Mason, 4, eats a cookie with his mom, acting sergeant Sarah Swallow of the Delta Police department, at the Cedarbrook Bakery on 200 Street. Mason was waiting to greet his mom and the other riders on the 2015 Tour de Valley Team of Cops for Cancer as they rolled through Langley on Tuesday afternoon. The cyclists rode 800 kilometres between Sept. 24 and Oct. 2.

From baking to biking – local Mountie rides for cancer cure

Langley’s Mark Peterse joined his policing colleagues in 800-km Cops for Cancer Tour de Valley ride

He has been baking his way into the hearts and stomachs of Cops for Cancer riders and support staff for many years — fueling them with sandwiches and snacks from his Langley bakery.

Cedarbrook Bakery and Deli’s maple bacon doughnuts are said to be a rider favourite.

Const. Mark Peterse notes that not too many people can say they have been on both sides of the doughnut counter — as both a bakery owner and police officer.

He can add spandex to his list of uniforms, since he embarked on an 800-km bike ride for the 2015 Cops for Cancer — Tour de Valley which ended today (Oct. 2).

They rode through Langley on Day 6, Tuesday, Sept. 29 with a stop at Peterse’s bakery in the afternoon.

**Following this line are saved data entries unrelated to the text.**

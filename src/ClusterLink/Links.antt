-- ===== src/ClusterLink/Links.antt =====
-- internal/provider/resource_cluster_link.go: a link, and the check of its blocks before it is created. The
-- SDK's schema lets no other modes pass.
use terraform_provider_confl.Base.{
  Bool, true, false, not, ◌&&◌, Option, none, some, List, [], String, if◌then◌else◌,
}
use terraform_provider_confl.Kafka.{Text}
use terraform_provider_confl.Kafka.Settings.{is_set}

pub data LinkMode : Type 0 where
  bidirectional destination source : LinkMode

pub data ConnectionMode : Type 0 where
  inbound outbound : ConnectionMode

-- A block of a Kafka cluster, with the key and the secret of its credentials.
pub record ClusterBlock : Type 0 where
  pub id : Text
  pub rest_endpoint : Text
  pub bootstrap_endpoint : Text
  pub credentials : Option (Text × Text)

-- What is read of the resource; the strings of a block that is left out are empty.
pub record LinkData : Type 0 where
  pub link_mode : LinkMode
  pub connection_mode : ConnectionMode
  pub source_cluster : ClusterBlock
  pub destination_cluster : ClusterBlock
  pub local_cluster : ClusterBlock
  pub remote_cluster : ClusterBlock
  pub configs : List (String × Text)

-- What is read of `OAuthToken`.
pub record LinkToken : Type 0 where
  pub identity_pool_id : Text
  pub client_id : Text
  pub client_secret : Text
  pub scope : Text
  pub token_url : Text

-- What is read of `Client`: with OAuth, the token.
abbrev pub LinkProvider : Type 0
LinkProvider = Option LinkToken

abbrev pub is_oauth_enabled : LinkProvider → Bool
is_oauth_enabled none = false
is_oauth_enabled (some token) = true

-- `extractStringValueFromNestedBlock`, for the key and for the secret.
abbrev pub key_in : Option (Text × Text) → Text
key_in none = []
key_in (some c) = c.0

abbrev pub secret_in : Option (Text × Text) → Text
secret_in none = []
secret_in (some c) = c.1

-- The length of the block's list is not 0.
abbrev pub has_some : Option (Text × Text) → Bool
has_some none = false
has_some (some c) = true

pub data LinkError : Type 0 where
  credentials_missing bootstrap_endpoint_missing rest_endpoint_missing : ClusterBlock → LinkError
  credentials_not_allowed : ClusterBlock → LinkError
  source_initiated_inbound : LinkError

-- `if failed { return err }`
unfoldable pub refuse_if : Bool → LinkError → Option LinkError → Option LinkError
refuse_if b e rest = if b then some e else rest

unfoldable pub validate_cluster_link_input_by_link_mode_and_connection_mode :
    LinkData → LinkMode → ConnectionMode → (is_oauth_enabled : Bool) → Option LinkError
validate_cluster_link_input_by_link_mode_and_connection_mode d bidirectional connection_mode oauth =
    refuse_if (not oauth && not (has_some d.local_cluster.credentials))
      (credentials_missing d.local_cluster)
      (refuse_if (not (is_set d.remote_cluster.bootstrap_endpoint))
        (bootstrap_endpoint_missing d.remote_cluster)
        (refuse_if (not (is_set d.local_cluster.rest_endpoint))
          (rest_endpoint_missing d.local_cluster) none))
validate_cluster_link_input_by_link_mode_and_connection_mode d destination outbound oauth =
    refuse_if (not oauth && not (has_some d.destination_cluster.credentials))
      (credentials_missing d.destination_cluster)
      (refuse_if (not (is_set d.source_cluster.bootstrap_endpoint))
        (bootstrap_endpoint_missing d.source_cluster)
        (refuse_if (not (is_set d.destination_cluster.rest_endpoint))
          (rest_endpoint_missing d.destination_cluster)
          (refuse_if (not oauth && not (has_some d.source_cluster.credentials))
            (credentials_missing d.source_cluster) none)))
validate_cluster_link_input_by_link_mode_and_connection_mode d destination inbound oauth =
    refuse_if (not oauth && not (has_some d.destination_cluster.credentials))
      (credentials_missing d.destination_cluster)
      (refuse_if (not (is_set d.source_cluster.bootstrap_endpoint))
        (bootstrap_endpoint_missing d.source_cluster)
        (refuse_if (not (is_set d.destination_cluster.rest_endpoint))
          (rest_endpoint_missing d.destination_cluster)
          (refuse_if (has_some d.source_cluster.credentials)
            (credentials_not_allowed d.source_cluster) none)))
validate_cluster_link_input_by_link_mode_and_connection_mode d source outbound oauth =
    refuse_if (not oauth && not (has_some d.destination_cluster.credentials))
      (credentials_missing d.destination_cluster)
      (refuse_if (not (is_set d.source_cluster.rest_endpoint))
        (rest_endpoint_missing d.source_cluster)
        (refuse_if (not (is_set d.destination_cluster.bootstrap_endpoint))
          (bootstrap_endpoint_missing d.destination_cluster)
          (refuse_if (not oauth && not (has_some d.source_cluster.credentials))
            (credentials_missing d.source_cluster) none)))
validate_cluster_link_input_by_link_mode_and_connection_mode d source inbound oauth =
    refuse_if (not oauth && not (has_some d.destination_cluster.credentials))
      (credentials_missing d.destination_cluster) (some source_initiated_inbound)

unfoldable pub validate_cluster_link_input : LinkData → (is_oauth_enabled : Bool) → Option LinkError
unfolding validate_cluster_link_input_by_link_mode_and_connection_mode
validate_cluster_link_input d oauth =
    validate_cluster_link_input_by_link_mode_and_connection_mode d d.link_mode d.connection_mode
      oauth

Peterse is riding in memory of Keian Blundell, a six-year-old Langley boy who died of cancer nearly two years ago. Keian’s name is written on Peterse bike as a constant memory of why he is riding.

Keian’s parents Chantal and Ryan, along with their youngest son, met with Peterse and the riders on Tuesday to wish them well and thank them for doing what they are doing.

Peterse is well acquainted with the preparation and training involved for the Tour, having trained to do the ride as an Auxiliary Constable with the Langley RCMP in 2013.

But a phone call from Depot in Regina one week before the ride changed his plans.

Fast forward two years and he is getting his chance to ride as a member of the Surrey RCMP.

Growing up, Peterse lost his best friend to cancer. Ever since, he has been committed to raising funds for cancer research and support programs.

Juggling the shift work of general duty policing, family life, and bike training isn’t always easy. He credits his fellow riders, support crew, colleagues, family and — most importantly — the kids undergoing cancer treatments, with helping him keep it all in perspective.

“When I am struggling with those early mornings or pushing up a big hill on the bike, I remember the kids undergoing chemo and radiation who don’t complain,” says Peterse.

“Seeing their bravery, their resilience – I know I can do this ride to support treatment and a week at Camp Goodtimes to allow them to be kids again.”

Peterse was joined by 20 other riders, including Langley officers, for the Tour de Valley which ran from Sept.  24 to Oct. 2.

In Langley, they stopped at six schools to speak with students.

“Mark and the team will visit over 40 schools and make almost 100 stops as ambassadors in the fight against cancer,” explained Allan Mugford, regional director for the Canadian Cancer Society Fraser Valley Region before the ride.

“The funds they raise go towards childhood cancer research and Camp Goodtimes, a place kids and families go to smile and connect with others facing the same struggles.”